As they passed through another village some three miles away they were joined by a family of name not given, but the mother of which we shall know by and by, under a second husband’s name, as Madame Fleikener.  And there too was one Wagner, two generations of whose descendants were to furnish each a noted journalist to New Orleans.  I knew the younger of these in my boyhood as a man of, say, fifty.  And there was young Frank Schuber, a good, strong-hearted, merry fellow who two years after became the husband of the younger Eva Kropp; he hailed from Strasburg; I have talked with his grandson.  And lastly there were among the Langensoultz group two families named Mueller.
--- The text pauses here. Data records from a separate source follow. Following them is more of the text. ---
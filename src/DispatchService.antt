-- ===== src/DispatchService.antt =====
-- Dispatches against sales orders (apps/api/src/dispatch/dispatch.service.ts).
pub mod Keeping
pub mod Shipping
pub mod Checks
pub mod Finality
use abyte_tex.Base.{
  ℕ, ◌+◌, Bool, true, false, Option, none, some, List, [], ◌∷◌, ◌&&◌, ◌==◌, leb, if◌then◌else◌,
  truthy, every, ℤ, pos, neg, abs, sub_ℕ, ltb_ℤ,
}
use abyte_tex.Http.{Error, Result, ok, err, bad_request, conflict, not_found}
use abyte_tex.Context.{TenantRequestContext, assert_factory_access}
use abyte_tex.Workflow.{Status, lists}
use abyte_tex.Schema
use abyte_tex.Schema.{
  SalesOrder, SalesOrderItem, SalesOrderStatus, sales_order_status, Dispatch, DispatchItem,
}
use abyte_tex.Database.{
  Prisma, Db, sales_orders, sales_order_items, warehouses, dispatches, dispatch_items, Action,
  ◌>>=◌, ◌>>◌, pure, throw, check, or_throw, reject_if, for_each, transaction, log, find_first,
  find_many, count, create, update,
}
use abyte_tex.Idempotency.{check_key, record_key}
use abyte_tex.Inventory.{RecordMovementInput, record_movement_in}
use abyte_tex.Quality.{assert_batch_shippable}

pub record DispatchItemDto : Type 0 where
  pub product_id : ℕ
  pub sales_order_item_id : Option ℕ
  pub quantity : ℕ
  pub unit : ℕ
  pub batch_number : Option ℕ

pub record CreateDispatchDto : Type 0 where
  pub factory_id : ℕ
  pub sales_order_id : ℕ
  pub warehouse_id : ℕ
  pub idempotency_key : Option ℕ
  pub items : List DispatchItemDto

-- `DISPATCH_ELIGIBLE_SALES_ORDER_STATUSES`
unfoldable pub eligible_statuses : List SalesOrderStatus
eligible_statuses = SalesOrderStatus.ready ∷ []

-- `salesOrder.items.find((i) => i.id === id)`
unfoldable pub find_item : ℕ → List SalesOrderItem → Option SalesOrderItem
find_item id [] = none
find_item id (i ∷ is) = if i.id == id then some i else find_item id is

-- What of the line is undelivered, which the source computes as a signed number.
abbrev pub remaining : SalesOrderItem → ℤ
remaining i = sub_ℕ i.quantity i.delivered_qty

-- The quantity check of one item of the request.
unfoldable pub check_remaining : List SalesOrderItem → DispatchItemDto → Result (Unit {0})
unfolding find_item
check_remaining items item = elim (truthy item.sales_order_item_id) [
  | none ↦ ok tt
  | some id ↦ elim (find_item id items) [
    | none ↦ ok tt
    | some so_item ↦
        if ltb_ℤ (remaining so_item) (pos item.quantity) then err bad_request else ok tt
  ]
]

abbrev pub issue_input : CreateDispatchDto → DispatchItemDto → ℕ → RecordMovementInput
issue_input dto item dispatch_id = record {
  warehouse_id = dto.warehouse_id;
  location_id = none;
  product_id = some item.product_id;
  material_id = none;
  batch_number = item.batch_number;
  type = Schema.StockMovementType.issue;
  quantity = neg (pos item.quantity);
  unit = item.unit;
  reference_type = some Schema.ReferenceType.dispatch_ref;
  reference_id = some dispatch_id;
}

abbrev pub deliver : ℕ → SalesOrderItem → SalesOrderItem
deliver quantity i = record i { delivered_qty = i.delivered_qty + quantity }

module _ ⦃P : Prisma⦄ (ctx : TenantRequestContext) where
  unfoldable pub get_by_id : ℕ → Action Dispatch
  get_by_id id = do
    found ← find_first dispatches ctx (λ d. d.id == id)
    dispatch ← or_throw found not_found
    check (assert_factory_access ctx.factory_ids (some dispatch.factory_id))
    pure dispatch

  -- The delivered quantity of the order line that an item names.
  unfoldable pub record_delivery : DispatchItemDto → Action (Unit {0})
  record_delivery item = elim (truthy item.sales_order_item_id) [
    | none ↦ pure tt
    | some id ↦ do update sales_order_items ctx (λ i. i.id == id) (deliver item.quantity); pure tt
  ]

  -- One turn of the loop over the items in the transaction.
  unfoldable pub issue_item : CreateDispatchDto → ℕ → ℕ → DispatchItemDto → Action (Unit {0})
  issue_item dto user_id dispatch_id item = do
    record_movement_in ctx user_id (issue_input dto item dispatch_id)
    record_delivery item

  -- The status roll-forward at the end of the transaction.
  unfoldable pub roll_forward : ℕ → Action (Unit {0})
  roll_forward sales_order_id = do
    updated_items ← find_many sales_order_items ctx (λ i. i.sales_order_id == sales_order_id)
    update sales_orders ctx (λ o. o.id == sales_order_id)
        (λ o. record o {
          status =
              if every (λ i. leb i.quantity i.delivered_qty) updated_items
              then SalesOrderStatus.dispatched
              else SalesOrderStatus.ready;
        })
    pure tt

  unfoldable pub open_item : ℕ → DispatchItemDto → Action (Unit {0})
  open_item dispatch_id item = do
    create dispatch_items ctx (λ t i. record {
      dispatch_id = dispatch_id;
      product_id = item.product_id;
      sales_order_item_id = item.sales_order_item_id;
      quantity = item.quantity;
      unit = item.unit;
      batch_number = item.batch_number;
    })
    pure tt

  -- The dispatch row, which the source creates together with its items.
  unfoldable pub open_dispatch : CreateDispatchDto → Action Dispatch
  open_dispatch dto = do
    n ← count dispatches ctx (λ d. true)
    create dispatches ctx (λ t i. record {
      id = i;
      tenant_id = t;
      factory_id = dto.factory_id;
      dispatch_number = n + 1;
      sales_order_id = dto.sales_order_id;
      warehouse_id = dto.warehouse_id;
    })

  -- The transaction.
  unfoldable pub ship : CreateDispatchDto → ℕ → Action Dispatch
  ship dto user_id = do
    created ← open_dispatch dto
    for_each dto.items (open_item created.id)
    for_each dto.items (issue_item dto user_id created.id)
    roll_forward dto.sales_order_id
    pure created

  -- The quality check of one item.
  unfoldable pub check_batch : DispatchItemDto → Action (Unit {0})
  check_batch item = elim (truthy item.batch_number) [
    | none ↦ pure tt
    | some b ↦ assert_batch_shippable ctx b
  ]

  -- The two loops of checks over the items of the request, of which the first stands before the
  -- transaction for the quantities and the second for the quality holds.
  unfoldable pub check_items : List DispatchItemDto → List SalesOrderItem → Action (Unit {0})
  check_items dtos items = do
    for_each dtos (λ item. check (check_remaining items item))
    for_each dtos check_batch

  -- The checks before the transaction.
  unfoldable pub check_dispatch : CreateDispatchDto → Action (Unit {0})
  check_dispatch dto = do
    check (assert_factory_access ctx.factory_ids (some dto.factory_id))
    found ← find_first sales_orders ctx (λ o. o.id == dto.sales_order_id)
    sales_order ← or_throw found not_found
    items ← find_many sales_order_items ctx (λ i. i.sales_order_id == dto.sales_order_id)
    warehouse ← find_first warehouses ctx (λ w. w.id == dto.warehouse_id)
    or_throw warehouse not_found
    reject_if (if lists eligible_statuses sales_order.status then false else true) bad_request
    check_items dto.items items

  -- A dispatch that no earlier request with the same key has made.
  unfoldable pub dispatch_anew : CreateDispatchDto → ℕ → Action Dispatch
  dispatch_anew dto user_id = do
    check_dispatch dto
    dispatch ← transaction (ship dto user_id)
    log ctx Schema.AuditAction.create Schema.EntityType.dispatch dispatch.id
    record_key ctx Schema.dispatch_create dto.idempotency_key dispatch.id
    pure dispatch

  unfoldable pub create_dispatch : CreateDispatchDto → ℕ → Action Dispatch
  create_dispatch dto user_id = do
    or_throw (truthy ctx.tenant_id) conflict
    existing_id ← check_key ctx Schema.dispatch_create dto.idempotency_key
    elim (truthy existing_id) [ some id ↦ get_by_id id | none ↦ dispatch_anew dto user_id ]
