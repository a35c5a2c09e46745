-- ===== src/Inventory/Posting.antt =====
-- The abstract view of one stock movement: which change of the stock table it makes, and that
-- `apply_movement` without interference makes exactly such a change or throws.
use abyte_tex.Base.{
  ℕ, ◌+◌, ◌≡◌, ◌∙◌, refl, Bool, true, false, Option, none, some, List, Memᴰ, ◌&&◌, ◌==◌, ◌==?◌, inl,
  inr, arith, any, truthy, Bool-cases, Option-cases, pos, ltb_ℤ,
}
use abyte_tex.Http.{ok, err, unique_violation}
use abyte_tex.Context.{TenantRequestContext}
use abyte_tex.Schema.{Stock}
use abyte_tex.Database.{Prisma, Db, pure, or_throw, ◌>>◌, ◌>>=◌}
use abyte_tex.Database.Laws.{bind_ok, Ensures, Ensures-bind, Ensures-step}
use abyte_tex.Inventory.{
  RecordMovementInput, base_where, stock_conflict, stock_row, movement_row, overdraws, increment,
  settle_stock, apply_movement, find_stock, retry_increment, increment_stock,
}

module _ ⦃P : Prisma⦄ (now t : ℕ) (input : RecordMovementInput) (l : List Stock) where
  pub data Posting (l' : List Stock) : Type 0 where
    drawn :
        (s : Stock)
        → Memᴰ s l
        → (s.tenant_id == t) && base_where input s ≡ true
        → overdraws input.quantity s.quantity ≡ false
        → l' ≡ P.update (λ r. (r.tenant_id == t) && (r.id == s.id)) (increment input.quantity now) l
        → Posting l'
    opened :
        (i : ℕ)
        → ltb_ℤ input.quantity (pos 0) ≡ false
        → any (stock_conflict (stock_row input now t i)) l ≡ false
        → l' ≡ P.create (stock_row input now t i) l
        → Posting l'

-- The row that a movement's first read of the stock table finds.
unfoldable pub found : ⦃P : Prisma⦄ → ℕ → RecordMovementInput → List Stock → Option Stock
found ⦃P⦄ t input l = elim (truthy input.batch_number) [
  | some b ↦
      P.find_first (λ s. (s.tenant_id == t) && (base_where input s && (s.batch_number ==? some b)))
        l
  | none ↦ P.find_least (λ s. s.updated_at) (λ s. (s.tenant_id == t) && base_where input s) l
]

&&-intro_left : (a b c : Bool) → a && (b && c) ≡ true → a && b ≡ true
&&-intro_left a b c h = ground arith

-- A row that the first read finds is in the table, and is the tenant's and the item's.
pub found-some :
    ⦃P : Prisma⦄ (t : ℕ) (input : RecordMovementInput) (l : List Stock) (s : Stock)
    → found t input l ≡ some s
    → Memᴰ s l × ((s.tenant_id == t) && base_where input s ≡ true)
unfolding found
found-some ⦃P⦄ t input l s e = elim (Option-cases (truthy input.batch_number)) [
  | inl n ↦ P.find_least-some _ _ l s (rw (n, found) at e)
  | inr (b, n) ↦
      let (m, fits) = P.find_first-some _ l s (rw (n, found) at e) in
      (m, &&-intro_left (s.tenant_id == t) (base_where input s) (s.batch_number ==? some b) fits)
]

module _ ⦃P : Prisma⦄ (ctx : TenantRequestContext) (t : ℕ) (h : truthy ctx.tenant_id ≡ some t) where
  pub find_stock_lem :
      (input : RecordMovementInput) (db : Db)
      → find_stock ctx input db ≡ (ok (found t input db.stock), db)
  unfolding find_stock found
  find_stock_lem input db = elim (Option-cases (truthy input.batch_number)) [
    | inl e ↦ rw (e, h, find_stock, found)
    | inr (b, e) ↦ rw (e, h, find_stock, found)
  ]

  settle_some :
      (input : RecordMovementInput) (db : Db) (s : Stock)
      → Memᴰ s db.stock
      → (s.tenant_id == t) && base_where input s ≡ true
      → Ensures
          (λ _ db'.
            Posting ctx.now t input db.stock db'.stock
            × (db' ≡ record db { stock = db'.stock; generated = db'.generated }))
          (settle_stock ctx input (some s) db)
  unfolding settle_stock
  settle_some input db s m b = elim (Bool-cases (overdraws input.quantity s.quantity)) [
    | inl e ↦ rw e tt
    | inr e ↦
        elim (Option-cases (P.find_first (λ r. (r.tenant_id == t) && (r.id == s.id)) db.stock)) [
          | inl n ↦ rw (h, e, n) tt
          | inr (r, f) ↦ rw (h, e, f) (drawn s m b e refl, refl)
        ]
  ]

  retry_missing :
      (input : RecordMovementInput) (db : Db)
      → found t input db.stock ≡ none
      → retry_increment ctx input db ≡ (err unique_violation, db)
  unfolding retry_increment
  retry_missing input db f =
      bind_ok (find_stock ctx input)
        (λ o. or_throw o unique_violation >>= λ s. increment_stock ctx s.id input.quantity) db
        (find_stock_lem input db)
      ∙ rw f

  settle_none :
      (input : RecordMovementInput) (db : Db)
      → found t input db.stock ≡ none
      → Ensures
          (λ _ db'.
            Posting ctx.now t input db.stock db'.stock
            × (db' ≡ record db { stock = db'.stock; generated = db'.generated }))
          (settle_stock ctx input none db)
  unfolding settle_stock
  settle_none input db missing = elim (Bool-cases (ltb_ℤ input.quantity (pos 0))) [
    | inl e ↦ rw e tt
    | inr e ↦
        elim (Bool-cases
          (any (stock_conflict (stock_row input ctx.now t (P.cuid db.generated))) db.stock)) [
            | inl c ↦ rw (e, h, c, retry_missing input db missing) tt
            | inr f ↦ rw (e, h, f) (opened (P.cuid db.generated) e f refl, refl)
          ]
  ]

  settle-Posting :
      (input : RecordMovementInput) (db : Db)
      → Ensures
          (λ _ db'.
            Posting ctx.now t input db.stock db'.stock
            × (db' ≡ record db { stock = db'.stock; generated = db'.generated }))
          (settle_stock ctx input (found t input db.stock) db)
  settle-Posting input db = elim (Option-cases (found t input db.stock)) [
    | inl e ↦ rw e (settle_none input db e)
    | inr (s, e) ↦
        let (m, fits) = found-some t input db.stock s e in rw e (settle_some input db s m fits)
  ]

  -- Without interference a movement adds its row to the ledger and makes one posting, or throws.
  pub apply_movement-Posting :
      (user_id : ℕ) (input : RecordMovementInput) (db : Db)
      → Ensures
          (λ m db'.
            Posting ctx.now t input db.stock db'.stock
            × (m ≡ movement_row input user_id t (P.cuid db.generated))
            × (db' ≡ record db {
              stock = db'.stock;
              stock_movements = P.create m db.stock_movements;
              generated = db'.generated;
            }))
          (apply_movement ctx (λ d. d) user_id input db)
  unfolding apply_movement
  apply_movement-Posting user_id input db =
      let m = movement_row input user_id t (P.cuid db.generated) in
      let db1 = record db {
        stock_movements = P.create m db.stock_movements;
        generated = db.generated + 1;
      } in
      rw h (
        Ensures-step _ (find_stock ctx input) (λ o. settle_stock ctx input o >> pure m) db1
          (find_stock_lem input db1)
          (Ensures-bind _ (settle_stock ctx input (found t input db.stock)) (λ _. pure m) db1
            (settle-Posting input db1) (λ s db' p. (p.0, refl, p.1))))
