-- ===== src/Inventory/Balance.antt =====
-- The stock balances against the ledger: no balance is negative, and the balance of an item is the
-- sum of its movements.
use abyte_tex.Base.{
  ℕ, ◌≡◌, refl, sym, ap, Bool, true, false, Option, List, [], ◌∷◌, ◌&&◌, ◌==◌, ◌==?◌, arith, any,
  if◌then◌else◌, ℤ, pos, ltb_ℤ, ◌+ℤ◌, ◌≤ℤ◌, int_laws, All, HasUniqueKeys, unique_mem, sum_where,
  sum_where-append, sum_where-map_one, ==?→≡, +ℤ_parts, ◌≢◌, subst,
}
use abyte_tex.Schema.{Stock, StockMovement}
use abyte_tex.Database.{Prisma}
use abyte_tex.Database.Laws.{All-update, All-create, HasUniqueKeys-update, HasUniqueKeys-create}
use abyte_tex.Inventory.{
  RecordMovementInput, base_where, stock_conflict, stock_row, movement_row, overdraws, increment,
}
use abyte_tex.Inventory.Posting.{Posting, drawn, opened}

-- Rows have distinct identifiers, and no balance is negative.
pub record IsStocked (l : List Stock) : Type 0 where
  pub unique : HasUniqueKeys (λ s. s.id) l
  pub nonneg : All (λ s. pos 0 ≤ℤ s.quantity) l

-- What a balance is kept of.
pub record Item : Type 0 where
  pub tenant_id : ℕ
  pub warehouse_id : ℕ
  pub location_id : Option ℕ
  pub product_id : Option ℕ
  pub material_id : Option ℕ

unfoldable pub same_item : Item → Item → Bool
same_item k i =
    (i.tenant_id == k.tenant_id)
    && (i.warehouse_id == k.warehouse_id)
    && (i.location_id ==? k.location_id)
    && (i.product_id ==? k.product_id)
    && (i.material_id ==? k.material_id)

abbrev pub stock_item : Stock → Item
stock_item s = record {
  tenant_id = s.tenant_id;
  warehouse_id = s.warehouse_id;
  location_id = s.location_id;
  product_id = s.product_id;
  material_id = s.material_id;
}

abbrev pub movement_item : StockMovement → Item
movement_item m = record {
  tenant_id = m.tenant_id;
  warehouse_id = m.warehouse_id;
  location_id = m.location_id;
  product_id = m.product_id;
  material_id = m.material_id;
}

-- The balance of an item over all its batches, and the sum of its movements.
abbrev pub on_hand : Item → List Stock → ℤ
on_hand k = sum_where (λ s. same_item k (stock_item s)) (λ s. s.quantity)

abbrev pub ledger : Item → List StockMovement → ℤ
ledger k = sum_where (λ m. same_item k (movement_item m)) (λ m. m.quantity)

kept_nonneg : (q a : ℤ) → overdraws q a ≡ false → pos 0 ≤ℤ a → pos 0 ≤ℤ a +ℤ q
kept_nonneg q a h n = ground (arith, +ℤ_parts a q)

opened_nonneg : (q : ℤ) → ltb_ℤ q (pos 0) ≡ false → pos 0 ≤ℤ q
opened_nonneg q h = ground arith

no_id :
    (r : Stock) (l : List Stock)
    → any (stock_conflict r) l ≡ false
    → any (λ s. s.id == r.id) l ≡ false
no_id r [] h = refl
no_id r (s ∷ l) h = ground (arith, no_id r l)

fits_item :
    (t : ℕ) (input : RecordMovementInput) (s : Stock) (u i : ℕ)
    → (s.tenant_id == t) && base_where input s ≡ true
    → stock_item s ≡ movement_item (movement_row input u t i)
fits_item t input s u i h = ground (
  arith,
  ==?→≡ s.location_id input.location_id,
  ==?→≡ s.product_id input.product_id,
  ==?→≡ s.material_id input.material_id,
)

added :
    (b c : Bool) (x q : ℤ)
    → b ≡ c
    → (if b then x +ℤ q else pos 0) ≡ (if b then x else pos 0) +ℤ (if c then q else pos 0)
added true true x q e = refl
added true false x q e = cc
added false true x q e = cc
added false false x q e = omega int_laws

-- The rows that the increment of `s` writes.
abbrev pub hits : ℕ → Stock → Stock → Bool
hits t s r = (r.tenant_id == t) && (r.id == s.id)

pub hits_self :
    (t : ℕ) (input : RecordMovementInput) (s : Stock)
    → (s.tenant_id == t) && base_where input s ≡ true
    → hits t s s ≡ true
hits_self t input s h = ground arith

hits_id : (t : ℕ) (s r : Stock) → hits t s r ≡ true → r.id ≡ s.id
hits_id t s r h = ground arith

misses : (t : ℕ) (s r : Stock) → r.id ≢ s.id → hits t s r ≡ false
misses t s r h = ground arith

module _ ⦃P : Prisma⦄ (now t : ℕ) (input : RecordMovementInput) (l : List Stock)
    {l' : List Stock} where
  pub Posting-IsStocked : Posting now t input l l' → IsStocked l → IsStocked l'
  Posting-IsStocked (drawn s m fits enough e) h = rw e (record {
    unique =
        HasUniqueKeys-update (λ r. r.id) (hits t s) (increment input.quantity now) l (λ r. refl)
          h.unique;
    nonneg =
        All-update (λ r. pos 0 ≤ℤ r.quantity) (hits t s) (increment input.quantity now) l
          (λ r n p q.
            let same = unique_mem (λ x. x.id) l r s h.unique n m (hits_id t s r p) in
            kept_nonneg input.quantity r.quantity
              (subst (λ x. overdraws input.quantity x.quantity ≡ false) (sym same) enough) q)
          h.nonneg;
  })
  Posting-IsStocked (opened i q new e) h = rw e (record {
    unique =
        HasUniqueKeys-create (λ r. r.id) (stock_row input now t i) l h.unique
          (no_id (stock_row input now t i) l new);
    nonneg =
        All-create (λ r. pos 0 ≤ℤ r.quantity) (stock_row input now t i) l h.nonneg
          (opened_nonneg input.quantity q);
  })

  pub Posting-on_hand :
      (u i : ℕ) (k : Item)
      → Posting now t input l l'
      → IsStocked l
      → on_hand k l'
        ≡ on_hand k l
          +ℤ (if same_item k (movement_item (movement_row input u t i))
              then input.quantity
              else pos 0)
  Posting-on_hand u i k (drawn s m fits enough e) h =
      let f : Stock → Stock = λ r. if hits t s r then increment input.quantity now r else r in
      rw (e, P.update_lem)
        (sum_where-map_one (λ r. same_item k (stock_item r)) (λ r. r.quantity) f (λ r. r.id) _ l s
          h.unique m (λ r ne. rw (misses t s r ne))
          (rw (hits_self t input s fits) (
            added _ _ s.quantity input.quantity (ap (same_item k) (fits_item t input s u i fits)))))
  Posting-on_hand u i k (opened j q new e) h =
      rw (e, P.create_lem)
        (sum_where-append (λ r. same_item k (stock_item r)) (λ r. r.quantity) l
          (stock_row input now t j))
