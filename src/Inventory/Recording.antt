-- ===== src/Inventory/Recording.antt =====
-- `recordMovement` as its callers see it: what it keeps, what it refuses, and what it does when
-- another transaction interferes.
use abyte_tex.Base.{ℕ, ◌≡◌, sym, ap, subst, truthy, inl, inr, Option-cases, arith, sum_where-append}
use abyte_tex.Http.{Error, Result, ok, err}
use abyte_tex.Context.{TenantRequestContext}
use abyte_tex.Schema.{AuditAction, EntityType}
use abyte_tex.Database.{Prisma, Db, log, pure, ◌>>◌, transaction}
use abyte_tex.Database.Laws.{Ensures, Ensures-bind, Ensures-weaken, Ensures-transaction}
use abyte_tex.Database.Effects.{Ensures-IsAtomic}
use abyte_tex.Inventory.{RecordMovementInput, apply_movement, record_movement_in, record_movement}
use abyte_tex.Inventory.Posting.{apply_movement-Posting}
use abyte_tex.Inventory.Balance.{
  IsStocked, Item, on_hand, ledger, Posting-IsStocked, Posting-on_hand,
}

-- The inventory is sound: distinct identifiers, no negative balance, and every item's balance is
-- the sum of its ledger.
pub record IsSound (db : Db) : Type 0 where
  pub stocked : IsStocked db.stock
  pub balanced : (k : Item) → on_hand k db.stock ≡ ledger k db.stock_movements

module _ ⦃P : Prisma⦄ (ctx : TenantRequestContext) where
  apply_movement-IsSound :
      (user_id : ℕ) (input : RecordMovementInput) (db : Db)
      → IsSound db
      → Ensures (λ _ db'. IsSound db') (apply_movement ctx (λ d. d) user_id input db)
  apply_movement-IsSound user_id input db h = elim (Option-cases (truthy ctx.tenant_id)) [
    | inl e ↦ unfold apply_movement in rw e tt
    | inr (t, e) ↦
        Ensures-weaken _ (apply_movement ctx (λ d. d) user_id input db)
          (apply_movement-Posting ctx t e user_id input db)
          (λ m db' p. record {
            stocked = Posting-IsStocked ctx.now t input db.stock p.0 h.stocked;
            balanced = λ k. rw (
              ap (λ (d : Db). d.stock_movements) p.2,
              P.create_lem,
              sum_where-append _ _ db.stock_movements m,
              p.1,
              Posting-on_hand ctx.now t input db.stock user_id (P.cuid db.generated) k p.0
                  h.stocked,
              h.balanced k,
            );
          })
  ]

  -- A movement keeps the inventory sound if it returns, in a caller's transaction and in one of its
  -- own.
  pub record_movement_in-IsSound :
      (user_id : ℕ) (input : RecordMovementInput) (db : Db)
      → IsSound db
      → Ensures (λ _ db'. IsSound db') (record_movement_in ctx user_id input db)
  unfolding record_movement_in
  record_movement_in-IsSound user_id input db h = elim (Option-cases (truthy ctx.tenant_id)) [
    | inl e ↦ rw e tt
    | inr (t, e) ↦ rw e (apply_movement-IsSound user_id input db h)
  ]

  record_movement-Ensures :
      (user_id : ℕ) (input : RecordMovementInput) (db : Db)
      → IsSound db
      → Ensures (λ _ db'. IsSound db') (record_movement ctx user_id input db)
  unfolding record_movement
  record_movement-Ensures user_id input db h = elim (Option-cases (truthy ctx.tenant_id)) [
    | inl e ↦ rw e tt
    | inr (t, e) ↦ rw e (
        Ensures-bind (λ _ d. IsSound d) (transaction (apply_movement ctx (λ d. d) user_id input))
          (λ m. log ctx AuditAction.create EntityType.stock_movement m.id >> pure m) db
          (Ensures-transaction _ (apply_movement ctx (λ d. d) user_id input) db
            (apply_movement-IsSound user_id input db h))
          (λ m db' k. record { stocked = k.stocked; balanced = k.balanced }))
  ]

  -- A movement that throws leaves the database as it was.
  pub record_movement_atomic :
      (user_id : ℕ) (input : RecordMovementInput) (db : Db) (x : Error)
      → (record_movement ctx user_id input db).0 ≡ err x
      → (record_movement ctx user_id input db).1 ≡ db
  unfolding record_movement
  record_movement_atomic user_id input db x h = ground arith

  -- A movement that no other transaction interferes with, whether it is made or refused, keeps the
  -- inventory sound: the identifiers of the stock rows are distinct, no balance is negative, and
  -- the balance of every item is the sum of its ledger.
  pub record_movement-IsSound :
      (user_id : ℕ) (input : RecordMovementInput) (db : Db)
      → IsSound db
      → IsSound (record_movement ctx user_id input db).1
  record_movement-IsSound user_id input db h =
      Ensures-IsAtomic IsSound (record_movement ctx user_id input) db
        (record_movement-Ensures user_id input db h) (record_movement_atomic user_id input) h

-- The soundness of the inventory rests on two tables only.
pub IsSound-same :
    (db d : Db)
    → d.stock ≡ db.stock
    → d.stock_movements ≡ db.stock_movements
    → IsSound db
    → IsSound d
IsSound-same db d p q h = record {
  stocked = subst IsStocked (sym p) h.stocked;
  balanced = λ k. rw (p, q) (h.balanced k);
}

-- A request that writes neither table keeps the inventory sound.
pub IsSound-untouched :
    {A : Type 0} (db : Db) (r : Result A × Db)
    → r.1.stock ≡ db.stock
    → r.1.stock_movements ≡ db.stock_movements
    → IsSound db
    → Ensures (λ _ d. IsSound d) r
IsSound-untouched db (ok a, d) p q h = IsSound-same db d p q h
IsSound-untouched db (err e, d) p q h = tt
The young brothers Henry and Daniel Mueller were by birth Bavarians.  They had married, in the Hillsler family, two sisters of Eva and Margaret.  They had been known in the village as lockmaker Mueller and shoemaker Mueller.  The wife of Daniel, the shoemaker, was Dorothea.  Henry, the locksmith, and his wife had two sons, the elder ten years of age and named for his uncle Daniel, the shoemaker.  Daniel and Dorothea had four children.  The eldest was a little boy of eight years, the youngest was an infant, and between these were two little daughters, Dorothea and Salome.

And so the villagers were all bound closely together, as villagers are apt to be.  Eva Kropp’s young daughter Eva was godmother to Salome.  Frau Koelhoffer had lived on a farm about an hour’s walk from the Muellers and had not known them; but Frau Schultzheimer was a close friend, and had been a schoolmate and neighbor of Salome’s mother.  The husband of her who was afterward Madame Fleikener was a nephew of the Mueller brothers, Frank Schuber was her cousin, and so on.

II.

SIX MONTHS AT ANCHOR.

Setting out thus by whole families and with brothers’ and sisters’ families on the right and on the left, we may safely say that, once the last kisses were given to those left behind and the last look taken of childhood’s scenes, they pressed forward brightly, filled with courage and hope.  They were poor, but they were bound for a land where no soldier was going to snatch the beads and cross from the neck of a little child, as one of Napoleon’s had attempted to do to one of the Thomas children.  They were on their way to golden America; through Philadelphia to the virgin lands of the great West.  Early in August they reached Amsterdam.  There they paid their passage in advance, and were carried out to the Helder, where, having laid in their provisions, they embarked and were ready to set sail.